Depuis trois jours, notre belle Provence est sujet aux activités orageuses en soirée et hier soir n'a pas dérogé à la règle et donc vers 17 h le ciel s'est obscurcit, il a ensuite grondé mais rien à voir avec la mini-tempête d'avant-hier.
On couche Angélique vers 22 h après un dernier biberon dont elle n'avait pas très envie, il fait encore chaud, le thermomètre de la maison indique 29°C.
Delphine est depuis 3 nuits chez mes parents.

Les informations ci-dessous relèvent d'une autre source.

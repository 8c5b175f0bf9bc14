-- ===== src/Cases/Backfill/Inserted.antt =====
-- Which transactions have no case once a backfill has inserted its own.
use transactguard.Prelude.{
  ℕ, suc, ◌≤◌, ◌<◌, ◌≡◌, inl, inr, refl, sym, ◌∙◌, ap, arith, Bool, true, false, not, ◌&&◌, Option,
  none, some, List, [], ◌∷◌, ◌==◌, ==_refl, ==_iff, if◌then◌else◌, elem, Bool-cases, matches,
}
use transactguard.Schema.{Database, Case}
use transactguard.Cases.Backfill.{is_empty, new_case, has_no_case, create_many}

is_empty-elem : (xs : List ℕ) → is_empty xs ≡ true → (a : ℕ) → elem a xs ≡ false
is_empty-elem [] h a = refl
is_empty-elem (x ∷ xs) h a = absurd (cc)

is_empty_of : (xs : List ℕ) → ((a : ℕ) → elem a xs ≡ false) → is_empty xs ≡ true
is_empty_of [] h = refl
is_empty_of (x ∷ xs) h = absurd (let k = h x in ground (arith, k))

Bool-eq : (a b : Bool) → (a ≡ true → b ≡ true) → (b ≡ true → a ≡ true) → a ≡ b
Bool-eq true b f g = sym (f refl)
Bool-eq false true f g = g refl
Bool-eq false false f g = refl

matches-if :
    {R : Type 0} (p : ℕ → R → Bool) (j : ℕ) (b : Bool) (r : R) (o : Option R)
    → matches p j (if b then some r else o) ≡ (if b then p j r else matches p j o)
matches-if p j true r o = refl
matches-if p j false r o = refl

module _ (D : Database) where
  -- The keys are new: no case has one, and they are all different.
  abbrev pub Fresh : (ℕ → ℕ) → ℕ → D.cases.State → Type 0
  Fresh fresh k s =
      ((i : ℕ) → k ≤ i → D.cases.find (fresh i) s ≡ none)
      × ((i j : ℕ) → i < j → (fresh i == fresh j) ≡ false)

  Fresh-put :
      (fresh : ℕ → ℕ) (k : ℕ) (c : Case) (s : D.cases.State)
      → Fresh fresh k s
      → Fresh fresh (suc k) (D.cases.put (fresh k) c s)
  Fresh-put fresh k c s (f, d) = (
    λ i le.
        let e = D.cases.find-put (fresh k) (fresh i) c s in
        let ne = d k i (omega (arith, le)) in
        let gone = f i (omega (arith, le)) in e ∙ (rw ne gone),
    d,
  )

  module _ (fresh : ℕ → ℕ) (k now id a : ℕ) (s : D.cases.State) where
    of_a : ℕ → Case → Bool
    of_a j c = c.transaction_id == a

    after : D.cases.State
    after = D.cases.put (fresh k) (new_case (fresh k) id now) s

    elem-after :
        (j : ℕ)
        → elem j (D.cases.find_ids of_a after)
          ≡ (if fresh k == j then id == a else elem j (D.cases.find_ids of_a s))
    unfolding after of_a new_case
    elem-after j =
        D.cases.elem-find_ids of_a after j
        ∙ ap (matches of_a j) (D.cases.find-put (fresh k) j (new_case (fresh k) id now) s)
        ∙ matches-if of_a j (fresh k == j) (new_case (fresh k) id now) (D.cases.find j s)
        ∙ ap (λ b. if fresh k == j then id == a else b) (sym (D.cases.elem-find_ids of_a s j))

    elem-new_key :
        D.cases.find (fresh k) s ≡ none → elem (fresh k) (D.cases.find_ids of_a s) ≡ false
    elem-new_key gone = D.cases.elem-find_ids of_a s (fresh k) ∙ ap (matches of_a (fresh k)) gone

    -- A new case takes its transaction off those without one, and no other.
    has_no_case-put :
        D.cases.find (fresh k) s ≡ none
        → has_no_case D after a ≡ (not (id == a) && has_no_case D s a)
    unfolding has_no_case of_a
    has_no_case-put gone =
        Bool-eq (has_no_case D after a) (not (id == a) && has_no_case D s a)
          (λ e.
            let at : (j : ℕ) → elem j (D.cases.find_ids of_a after) ≡ false =
              is_empty-elem (D.cases.find_ids of_a after) e in
            let own : (id == a) ≡ false =
              ground (arith, elem-after (fresh k), at (fresh k), ==_refl (fresh k)) in
            let old : has_no_case D s a ≡ true = is_empty_of (D.cases.find_ids of_a s) (λ j.
              elim (Bool-cases (fresh k == j)) [
                | inl same ↦
                    ap (λ i. elem i (D.cases.find_ids of_a s)) (sym ((==_iff (fresh k) j).0 same))
                    ∙ elem-new_key gone
                | inr other ↦ ground (arith, elem-after j, at j, other)
              ]) in
            ground (arith, own, old))
          (λ e.
            let own : (id == a) ≡ false = ground (arith, e) in
            let old : has_no_case D s a ≡ true = ground (arith, e) in
            is_empty_of (D.cases.find_ids of_a after) (λ j.
              let there = is_empty-elem (D.cases.find_ids of_a s) old j in
              ground (arith, elem-after j, own, there)))

  pub has_no_case-create_many :
      (fresh : ℕ → ℕ) (k now a : ℕ) (ids : List ℕ) (s : D.cases.State)
      → Fresh fresh k s
      → has_no_case D (create_many D fresh k now ids s) a ≡ (not (elem a ids) && has_no_case D s a)
  unfolding create_many after
  has_no_case-create_many fresh k now a [] s f = refl
  has_no_case-create_many fresh k now a (id ∷ ids) s f =
      let s' = D.cases.put (fresh k) (new_case (fresh k) id now) s in
      let rest =
        has_no_case-create_many fresh (suc k) now a ids s'
          (Fresh-put fresh k (new_case (fresh k) id now) s f) in
      let one : has_no_case D s' a ≡ (not (id == a) && has_no_case D s a) =
        has_no_case-put fresh k now id a s (f.0 k (omega arith)) in
      rest ∙ ap (λ b. not (elem a ids) && b) one ∙ (ground arith)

Nous regardons la télé puis on essaye de dormir. Il fait trop chaud et on décide de sortir devant la maison, on s'assied sur les marches de l'entrée, il est 23h30, l'air s'est concidérablement rafraîchit, on est bien. Ludivine a envie de bière mais on a oublié d'en mettre au frigo.
- qu'avons nous au frais ?
- rien.......Ah si, une bouteille de Fragolino, on l'ouvre ?
- oui, si tu veux, pourquoi pas.
Et nous voilà, sur les marches de l'entrée, nous délectant d'un verre de Fragolino, petit vin d'apéritif du nord de l'Italie que j'achetais lors de mes fréquents déplacements sur la ville de Menton en frontière de l'Italie.
Ce vin est donc un vin du nord de l'Italie qui se boit frais, en apéritif ; c'est un vin effervescent (méthode champenoise), rouge (mais je crois qu'il existe en blanc), peu alcoolisé aromatisé fraises des bois.
C'est un ami, Steph, qui me la fait découvrir un soir de barbecue, chez lui à Vintimiglia, devant un match de coupe d'Europe, l'Olympique de Marseille bien sur contre je ne me souviens plus qu'elle autre équipe.
Mon entreprise n'a plus d'intérêts à Menton, domage, j'aimais me rendre sur la Riviéra Française, à deux pas de Monaco, et puis on ne manquait pas de faire la fête avec Steph.
A chaque gorgée de Fragolino, les souvenirs s'entrechoquent, Ludivine ne capte pas mon évasion, nous finissons notre verre, la chambre s'est nettement rafraîchit, nous tardons pas à nous endormir, nous savons que demain matin, Angélique ne fera pas de grasse matinée.